_What is required_
Here is the task for the records below: repeat exactly the lines from the one with "let cleared : Pmm" to the one with "if highest_address == 0", both included, and nothing else.

Stored data entries
-- ===== src/Pmm/State.antt =====
-- The state of the physical memory manager, src/mm/pmm.c, and marking frames and ranges of them.
use wig_osx.Base.{ℕ, ◌-◌, ◌/◌, ◌%◌, Bool, ◌&&◌, not, ltb, leb, if◌then◌else◌, add32, sub32}
use wig_osx.Base.Loops.{for_range}
use wig_osx.Pmm.Bitmap.{Words, test, mark, unmark}
use wig_osx.Pmm.Align.{frame_size, align_down, align_up, range_end}

-- `PMM_MAX_PHYSICAL_MEMORY_BYTES` and `PMM_MAX_FRAMES`.
abbrev pub max_physical_memory_bytes : ℕ
max_physical_memory_bytes = 0x100000000

abbrev pub max_frames : ℕ
max_frames = 1048576

-- `PMM_LOW_MEMORY_RESERVED_BYTES`.
abbrev pub low_memory_reserved_bytes : ℕ
low_memory_reserved_bytes = 0x00100000

-- `sizeof(pmm_bitmap)`, 32768 words of 4 bytes.
abbrev pub bitmap_bytes : ℕ
bitmap_bytes = 131072

-- The file's static variables.
pub record Pmm : Type 0 where
  pub bitmap : Words
  pub allocated_bitmap : Words
  pub initialized : Bool
  pub total_frames : ℕ
  pub free_frames : ℕ
  pub used_frames : ℕ
  pub next_search_frame : ℕ

-- Addresses that the linker chooses: the kernel image and the two bitmaps.
pub record Layout : Type 0 where
  pub kernel_start : ℕ
  pub kernel_end : ℕ
  pub usage_bitmap_start : ℕ
  pub allocation_bitmap_start : ℕ

unfoldable pub is_valid_frame_index : Pmm → ℕ → Bool
is_valid_frame_index s frame_index = ltb frame_index s.total_frames && ltb frame_index max_frames

unfoldable pub is_frame_index_used : Pmm → ℕ → Bool
is_frame_index_used s frame_index = test s.bitmap frame_index

unfoldable pub is_frame_allocated : Pmm → ℕ → Bool
is_frame_allocated s frame_index = test s.allocated_bitmap frame_index

unfoldable pub mark_frame_allocated : Pmm → ℕ → Pmm
unfolding is_valid_frame_index
mark_frame_allocated s frame_index =
    if not (is_valid_frame_index s frame_index)
    then s
    else record s { allocated_bitmap = mark s.allocated_bitmap frame_index }

unfoldable pub mark_frame_unallocated : Pmm → ℕ → Pmm
unfolding is_valid_frame_index
mark_frame_unallocated s frame_index =
    if not (is_valid_frame_index s frame_index)
    then s
    else record s { allocated_bitmap = unmark s.allocated_bitmap frame_index }

unfoldable pub mark_frame_used : Pmm → ℕ → Pmm
unfolding is_valid_frame_index is_frame_index_used
mark_frame_used s frame_index =
    if not (is_valid_frame_index s frame_index)
    then s
    else if is_frame_index_used s frame_index
    then s
    else record s {
      bitmap = mark s.bitmap frame_index;
      free_frames = if ltb 0 s.free_frames then sub32 s.free_frames 1 else s.free_frames;
      used_frames = add32 s.used_frames 1;
    }

unfoldable pub mark_frame_free : Pmm → ℕ → Pmm
unfolding is_valid_frame_index is_frame_index_used
mark_frame_free s frame_index =
    if not (is_valid_frame_index s frame_index)
    then s
    else if not (is_frame_index_used s frame_index)
    then s
    else record s {
      bitmap = unmark s.bitmap frame_index;
      free_frames = add32 s.free_frames 1;
      used_frames = if ltb 0 s.used_frames then sub32 s.used_frames 1 else s.used_frames;
    }

-- `for (frame = first; frame < last; frame++)`, cut at the last tracked frame.
unfoldable pub for_frames : (Pmm → ℕ → Pmm) → ℕ → ℕ → Pmm → Pmm
for_frames body first last s =
    if leb s.total_frames first
    then s
    else let stop = if ltb s.total_frames last then s.total_frames else last in
      for_range (stop - first) first (λ frame t. body t (frame % 4294967296)) s

unfoldable pub mark_range_free : Pmm → ℕ → ℕ → Pmm
unfolding for_frames
mark_range_free s base_address length =
    let end_address = range_end base_address length in
    for_frames mark_frame_free (align_up base_address / frame_size)
      (align_down end_address / frame_size) s

unfoldable pub mark_range_used : Pmm → ℕ → ℕ → Pmm
unfolding for_frames
mark_range_used s base_address length =
    let end_address = range_end base_address length in
    for_frames mark_frame_used (align_down base_address / frame_size)
      (align_up end_address / frame_size) s
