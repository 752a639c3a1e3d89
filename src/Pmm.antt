-- ===== src/Pmm.antt =====
-- The physical memory manager, src/mm/pmm.c: a bitmap of frames in use, a second bitmap of frames that
-- were handed out, the counters, and a cursor for the next search.
-- Child modules: `Bitmap` the two bitmaps, `Align` the rounding of addresses, `State` the
-- state and the marks, the others the proofs.
pub mod Bitmap
pub mod Align
pub mod State
pub mod Frames
pub mod Ranges
pub mod Init
pub mod Highest
pub mod Boot
pub mod Loaded
pub mod Search
pub mod Alloc
pub mod Free
pub mod History
pub mod SelfTest
pub mod Print
pub mod Tests
use wig_osx.Base.{
  ℕ, zero, suc, ◌+◌, ◌-◌, ◌*◌, ◌/◌, ◌%◌, ◌≡◌, Bool, true, false, ◌&&◌, ◌||◌, not, Option, none,
  some, ltb, leb, ◌==◌, if◌then◌else◌, bit_and, uint64_max, add32, sub32,
}
use wig_osx.Base.Loops.{for_range}
use wig_osx.Status.{Status, ok, invalid_argument, not_ready, unavailable, out_of_memory}
use wig_osx.Multiboot.{PhysicalMemory, read_info, info_size, info_memory_map}
use wig_osx.Memory.{Memory, Region, RegionType, usable, reserved}
use wig_osx.Memory
use Bitmap.{Words, test, mark, unmark}
pub use State.{
  max_physical_memory_bytes, max_frames, low_memory_reserved_bytes, bitmap_bytes, Pmm, Layout,
}
unfoldable pub use State.{
  is_valid_frame_index, is_frame_index_used, is_frame_allocated, mark_frame_allocated,
  mark_frame_unallocated, mark_frame_used, mark_frame_free, for_frames, mark_range_free,
  mark_range_used,
}
use Align.{frame_size, align_down, align_up, range_end}

visit {ℓ} : {S : Type ℓ} → (Region → S → S) → Option Region → S → S
visit body none t = t
visit body (some r) t = body r t

-- A loop over the regions of the memory map; a `NULL` region is skipped.
for_regions {ℓ} : {S : Type ℓ} → Memory → (Region → S → S) → S → S
unfolding visit
for_regions mem body s =
    for_range mem.region_count 0 (λ i t. visit body (Memory.get_region mem i) t) s

grow_highest : Region → ℕ → ℕ
grow_highest r highest =
    let end_address = range_end r.base_address r.length in
    if ltb highest end_address then end_address else highest

unfoldable pub find_highest_physical_address : Memory → ℕ
unfolding for_regions grow_highest
find_highest_physical_address mem =
    let highest = for_regions mem grow_highest 0 in
    align_up (if ltb max_physical_memory_bytes highest then max_physical_memory_bytes else highest)

release_region : Region → Pmm → Pmm
release_region r s = elim r.kind [
  | usable ↦ mark_range_free s r.base_address r.length
  | reserved ↦ s
]

unfoldable pub release_usable_memory_regions : Memory → Pmm → Pmm
unfolding for_regions release_region
release_usable_memory_regions mem s = for_regions mem release_region s

unfoldable pub reserve_low_memory : Pmm → Pmm
reserve_low_memory s = mark_range_used s 0 low_memory_reserved_bytes

unfoldable pub reserve_kernel_image : Layout → Pmm → Pmm
reserve_kernel_image l s =
    if leb l.kernel_end l.kernel_start
    then s
    else mark_range_used s l.kernel_start (l.kernel_end - l.kernel_start)

unfoldable pub reserve_bitmap_storage : Layout → Pmm → Pmm
reserve_bitmap_storage l s =
    mark_range_used (mark_range_used s l.usage_bitmap_start bitmap_bytes) l.allocation_bitmap_start
      bitmap_bytes

unfoldable pub reserve_multiboot_information : PhysicalMemory → ℕ → Pmm → Pmm
reserve_multiboot_information m address s =
    if address == 0
    then s
    else let info = read_info m address in
      let t = mark_range_used s address info_size in
      if not (bit_and info.flags info_memory_map == 0)
        && not (info.mmap_addr == 0)
        && ltb 0 info.mmap_length
      then mark_range_used t info.mmap_addr info.mmap_length
      else t

-- `pmm_reset_bitmap`: every frame is used, none is handed out.
unfoldable pub reset_bitmap : Pmm → Pmm
reset_bitmap s = record s { bitmap = λ _. 0xFFFFFFFF; allocated_bitmap = λ _. 0 }

-- The state once the number of frames is known: all are used.
unfoldable pub start_tracking : ℕ → Pmm → Pmm
start_tracking frames s = record s { total_frames = frames; free_frames = 0; used_frames = frames }

-- The regions are released, then what must not be handed out is taken back.
unfoldable pub populate : PhysicalMemory → Layout → Memory → ℕ → Pmm → Pmm
populate m l mem multiboot_info_address s =
    let released = release_usable_memory_regions mem s in
    let reserved_kernel = reserve_kernel_image l (reserve_low_memory released) in
    reserve_multiboot_information m multiboot_info_address
      (reserve_bitmap_storage l reserved_kernel)

unfoldable pub initialize : PhysicalMemory → Layout → Memory → ℕ → Pmm → Status × Pmm
initialize m l mem multiboot_info_address old =
    let cleared : Pmm = record old {
      initialized = false;
      total_frames = 0;
      free_frames = 0;
      used_frames = 0;
      next_search_frame = 0;
    } in
    if multiboot_info_address == 0
    then (invalid_argument, cleared)
    else if not mem.initialized || mem.map_truncated
    then (not_ready, cleared)
    else let reset = reset_bitmap cleared in
      let highest_address = find_highest_physical_address mem in
      if highest_address == 0
      then (unavailable, reset)
      else let frames = highest_address / frame_size % 4294967296 in
        if frames == 0
        then (unavailable, record reset { total_frames = frames })
        else let s = populate m l mem multiboot_info_address (start_tracking frames reset) in
          if s.free_frames == 0 then (out_of_memory, s) else (ok, record s { initialized = true })

-- A frame that the search found is handed out: its address, and the state after.
unfoldable pub take_frame : Pmm → ℕ → ℕ × Pmm
take_frame s frame = (
  frame * frame_size % 4294967296,
  record (mark_frame_allocated (mark_frame_used s frame) frame) {
    next_search_frame = add32 frame 1;
  },
)

-- One search loop of `pmm_allocate_frame`, of so many rounds from `frame` on.
unfoldable pub search_from : ℕ → ℕ → Pmm → Option (ℕ × Pmm)
search_from zero frame s = none
search_from (suc rounds) frame s = elim (is_frame_index_used s frame) [
  | true ↦ search_from rounds (suc frame) s
  | false ↦ some (take_frame s frame)
]

-- `pmm_allocate_frame`: `none` for `false`. `out_is_null` says whether the caller's pointer is `NULL`.
unfoldable pub allocate_frame : Pmm → Bool → Option (ℕ × Pmm)
allocate_frame s out_is_null =
    if not s.initialized || out_is_null
    then none
    else elim (search_from (s.total_frames - s.next_search_frame) s.next_search_frame s) [
      | some found ↦ some found
      | none ↦ search_from s.next_search_frame 0 s
    ]

-- `pmm_free_frame`: the result, and the state after.
unfoldable pub free_frame : Pmm → ℕ → Bool × Pmm
free_frame s physical_address =
    if not s.initialized
    then (false, s)
    else if not (physical_address % frame_size == 0)
    then (false, s)
    else let frame_index = physical_address / frame_size in
      if not (is_valid_frame_index s frame_index)
      then (false, s)
      else if not (is_frame_allocated s frame_index)
      then (false, s)
      else let t = mark_frame_free (mark_frame_unallocated s frame_index) frame_index in
        (
          true,
          (if ltb frame_index t.next_search_frame
              then record t { next_search_frame = frame_index }
              else t),
        )

unfoldable pub is_frame_used : Pmm → ℕ → Bool
is_frame_used s physical_address =
    let frame_index = physical_address / frame_size in
    if not (is_valid_frame_index s frame_index) then true else is_frame_index_used s frame_index

-- The second half of the self-test, after the frame was given back.
check_released : Pmm → Bool × Pmm → Bool × Pmm
check_released s (false, t) = (false, t)
check_released s (true, t) =
    if not (t.free_frames == s.free_frames)
    then (false, t)
    else if not (t.used_frames == s.used_frames)
    then (false, t)
    else (true, t)

-- `pmm_run_basic_self_test`: the result, and the state it leaves.
unfoldable pub run_basic_self_test : Pmm → Bool × Pmm
unfolding check_released
run_basic_self_test s = elim (allocate_frame s false) [
  | none ↦ (false, s)
  | some (physical_address, t) ↦
      if not (is_frame_used t physical_address)
      then (false, t)
      else if not (t.free_frames == sub32 s.free_frames 1)
      then (false, t)
      else if not (t.used_frames == add32 s.used_frames 1)
      then (false, t)
      else check_released s (free_frame t physical_address)
]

_Task solution_
    let cleared : Pmm = record old {
      initialized = false;
      total_frames = 0;
      free_frames = 0;
      used_frames = 0;
      next_search_frame = 0;
    } in
    if multiboot_info_address == 0
    then (invalid_argument, cleared)
    else if not mem.initialized || mem.map_truncated
    then (not_ready, cleared)
    else let reset = reset_bitmap cleared in
      let highest_address = find_highest_physical_address mem in
      if highest_address == 0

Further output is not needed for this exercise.